Tradition is not the worship of ashes, but the preservation of fire.—Gustav Mahler

Sunday, April 12, 2015

Sen. Mike Lee's "Our Lost Constitution"

Via The Originalism Blog [itself highly bookmarkable], which is affiliated with the University of San Diego School of Law's Center for the Study of Constitutional Originalism:




Recently published—Senator Mike LeeOur Lost Constitution: The Willful Subversion of America's Founding Document (Sentinel 2015).  

Here is the book description from Amazon: 
In Our Lost Constitution, Senator Mike Lee tells the dramatic, little-known stories behind six of the Constitution’s most indispensible provisions. He shows their rise. He shows their fall. And he makes vividly clear how nearly every abuse of federal power today is rooted in neglect of this Lost Constitution. For example:

   • The Origination Clause says that all bills to raise taxes must originate in the House of Representatives, but contempt for the clause ensured the passage of Obamacare.
   • The Fourth Amendment protects us against unreasonable searches and seizures, but the NSA now collects our private data without a warrant.
   • The Legislative Powers Clause means that only Congress can pass laws, but unelected agencies now produce ninety-nine out of every one hundred pages of legal rules imposed on the American people.
Lee’s cast of characters includes a former Ku Klux Klansman, who hijacked the Establishment Clause to strangle Catholic schools; the Chief Justice of the Supreme Court, who called the Second Amendment a fraud; and the revered president who began his first of four terms by threat[en]ing to shatter the balance of power between Congress and the president, and who began his second term by vowing to do the same to the Supreme Court.

Fortunately, the Constitution has always had its defenders. Senator Lee tells the story of how Andrew Jackson, noted for his courage in duels and politics, stood firm against the unconstitutional expansion of federal powers. He brings to life Ben Franklin’s genius for compromise at a deeply divided constitutional convention. And he tells how in 2008, a couple of unlikely challengers persuaded the Supreme Court to rediscover the Second Amendment’s right to keep and bear arms.
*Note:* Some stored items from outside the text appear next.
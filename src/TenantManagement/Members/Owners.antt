-- ===== src/TenantManagement/Members/Owners.antt =====
-- Sequences of role changes, removals and transfers, and the owners of a tenant.
use medusa_multi_tenancy.Prelude.{
  ◌<◌, ◌≡◌, String, Bool, true, false, ◌&&◌, Option, List, [], ◌∷◌, arith, eq_iff, inl, inr,
}
use medusa_multi_tenancy.Sql.Rows.{rows_mono}
use medusa_multi_tenancy.World.{Env, World}
use medusa_multi_tenancy.TenantManagement.Members.{
  normalize_role, active_owner_of, has_member_id, update_member_role, remove_member,
  transfer_ownership,
}
use medusa_multi_tenancy.TenantManagement.Members.Changes.{
  HasUniqueIds, owners, Removed, RoleChanged, remove_member_cases, update_member_role_cases,
}
use medusa_multi_tenancy.TenantManagement.Members.Transfer.{Transferred, transfer_ownership_cases}

-- A call of one of the three methods, with its arguments.
pub data MemberCall : Type 0 where
  change_role : String → String → String → Option String → MemberCall
  remove : String → String → Option String → MemberCall
  transfer : String → String → String → MemberCall

module _ (env : Env) where
  -- The state after the call, whether it returns or throws.
  unfoldable pub call : MemberCall → World env → World env
  call (change_role tenant_id member_id role actor) w =
      (update_member_role env tenant_id member_id role actor w).1
  call (remove tenant_id member_id actor) w = (remove_member env tenant_id member_id actor w).1
  call (transfer tenant_id actor_email target_id) w =
      (transfer_ownership env tenant_id actor_email target_id w).1

  unfoldable pub calls : List MemberCall → World env → World env
  calls [] w = w
  calls (c ∷ cs) w = calls cs (call c w)

  -- The primary key holds, and each of the tenants has an active owner.
  pub record IsOwned (tenant_id : String) (w : World env) : Type 0 where
    pub ids : HasUniqueIds env w
    pub owned : 0 < owners env tenant_id w

  unchanged : (t : String) {w w' : World env} → w' ≡ w → IsOwned t w → IsOwned t w'
  unchanged t e o = rw e o

  module _ (t : String) (w : World env) (o : IsOwned t w) where
    removal-IsOwned :
        (tenant_id member_id : String) (actor : Option String)
        → Removed env tenant_id member_id w (remove_member env tenant_id member_id actor w)
        → IsOwned t (remove_member env tenant_id member_id actor w).1
    removal-IsOwned tenant_id member_id actor (m, done, at_id, at_tenant, removes, spare) = record {
      ids = λ id. omega (arith, removes (has_member_id id), o.ids id);
      owned = ground (arith, removes (active_owner_of t), spare, o.owned, eq_iff m.tenant_id t);
    }

    role_change-IsOwned :
        (tenant_id member_id role : String) (actor : Option String)
        → RoleChanged env tenant_id member_id w
            (normalize_role (Option.some role))
            (update_member_role env tenant_id member_id role actor w)
        → IsOwned t (update_member_role env tenant_id member_id role actor w).1
    role_change-IsOwned tenant_id member_id role actor
          (m, done, at_id, at_tenant, replaces, no_promotion, spare) =
        record {
          ids = λ id. omega (arith, replaces (has_member_id id), o.ids id);
          owned = ground (
            arith,
            replaces (active_owner_of t),
            spare,
            no_promotion,
            o.owned,
            eq_iff m.tenant_id t,
          );
        }

    transfer-IsOwned :
        (tenant_id actor_email target_id : String)
        → Transferred env tenant_id actor_email target_id w
            (transfer_ownership env tenant_id actor_email target_id w)
        → IsOwned t (transfer_ownership env tenant_id actor_email target_id w).1
    transfer-IsOwned tenant_id actor_email target_id
          (actor, target, done, at_email, at_id, was_owner, differ, exchange, now_owner) =
        record {
          ids = λ id. omega (arith, exchange (has_member_id id), o.ids id);
          owned = ground (
            arith,
            exchange (active_owner_of t),
            now_owner (active_owner_of t),
            rows_mono env.sql (λ r. has_member_id target.id r && active_owner_of t r)
                (active_owner_of t)
                (transfer_ownership env tenant_id actor_email target_id w).1.memberships
                (λ r. drop (has_member_id target.id r) (active_owner_of t r)),
            o.owned,
            eq_iff actor.tenant_id t,
            eq_iff target.tenant_id t,
            eq_iff actor.tenant_id tenant_id,
            eq_iff target.tenant_id tenant_id,
          );
        }
      where
        drop : (a b : Bool) → (a && b) ≡ true → b ≡ true
        drop true b e = e
        drop false b e = cc

    call-IsOwned : (c : MemberCall) → IsOwned t (call c w)
    unfolding call
    call-IsOwned (change_role tenant_id member_id role actor) =
        elim (update_member_role_cases env tenant_id member_id w role actor o.ids) [
          | inl (e, _, same, _) ↦ unchanged t same o
          | inr done ↦ role_change-IsOwned tenant_id member_id role actor done
        ]
    call-IsOwned (remove tenant_id member_id actor) =
        elim (remove_member_cases env tenant_id member_id w actor o.ids) [
          | inl (e, _, same, _) ↦ unchanged t same o
          | inr done ↦ removal-IsOwned tenant_id member_id actor done
        ]
    call-IsOwned (transfer tenant_id actor_email target_id) =
        elim (transfer_ownership_cases env tenant_id actor_email target_id w o.ids) [
          | inl (e, _, same, _) ↦ unchanged t same o
          | inr done ↦ transfer-IsOwned tenant_id actor_email target_id done
        ]

  -- From a state in which member ids are unique and a tenant has an active owner, any sequence of
  -- role changes, removals and ownership transfers, on this tenant or on others, refused or not,
  -- leaves ids unique and the tenant with an active owner.
  pub calls-IsOwned :
      (t : String) (cs : List MemberCall) (w : World env) → IsOwned t w → IsOwned t (calls cs w)
  unfolding calls
  calls-IsOwned t [] w o = o
  calls-IsOwned t (c ∷ cs) w o = calls-IsOwned t cs (call c w) (call-IsOwned t w o c)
Sections of the Constitution may have been forgotten, but it’s not too late to bring them back—if only we remember why we once demanded them and how we later lost them. Drawing on his experience working in all three branches of government, Senator Lee makes a bold case for resurrecting the Lost Constitution to restore and defend our fundamental liberties.
Senator Mike Lee knows how to tell a story. Combining historical fact and his own legal expertise with imagined dialogues and settings, Lee brings the sometimes dry and archaic debates of the constitutional convention in Philadelphia and other episodes to life, and with them the Constitution itself. This is truly an inspired, fascinating, and important book.
And from Michael McConnell
Mike Lee won election to the Senate by traveling around his state giving talks about the Constitution. Now he has written a most unusual book, which interweaves lively histories of what he calls the lost clauses of the Constitution with biting critiques of such modern issues as delegation of legislative power to agencies, NSA data collection, church and state, and Obamacare. Readers may not agree with all his conclusions, but they will encounter serious history and a conscientious attempt to grapple with modern issues in light of an enduring Constitution.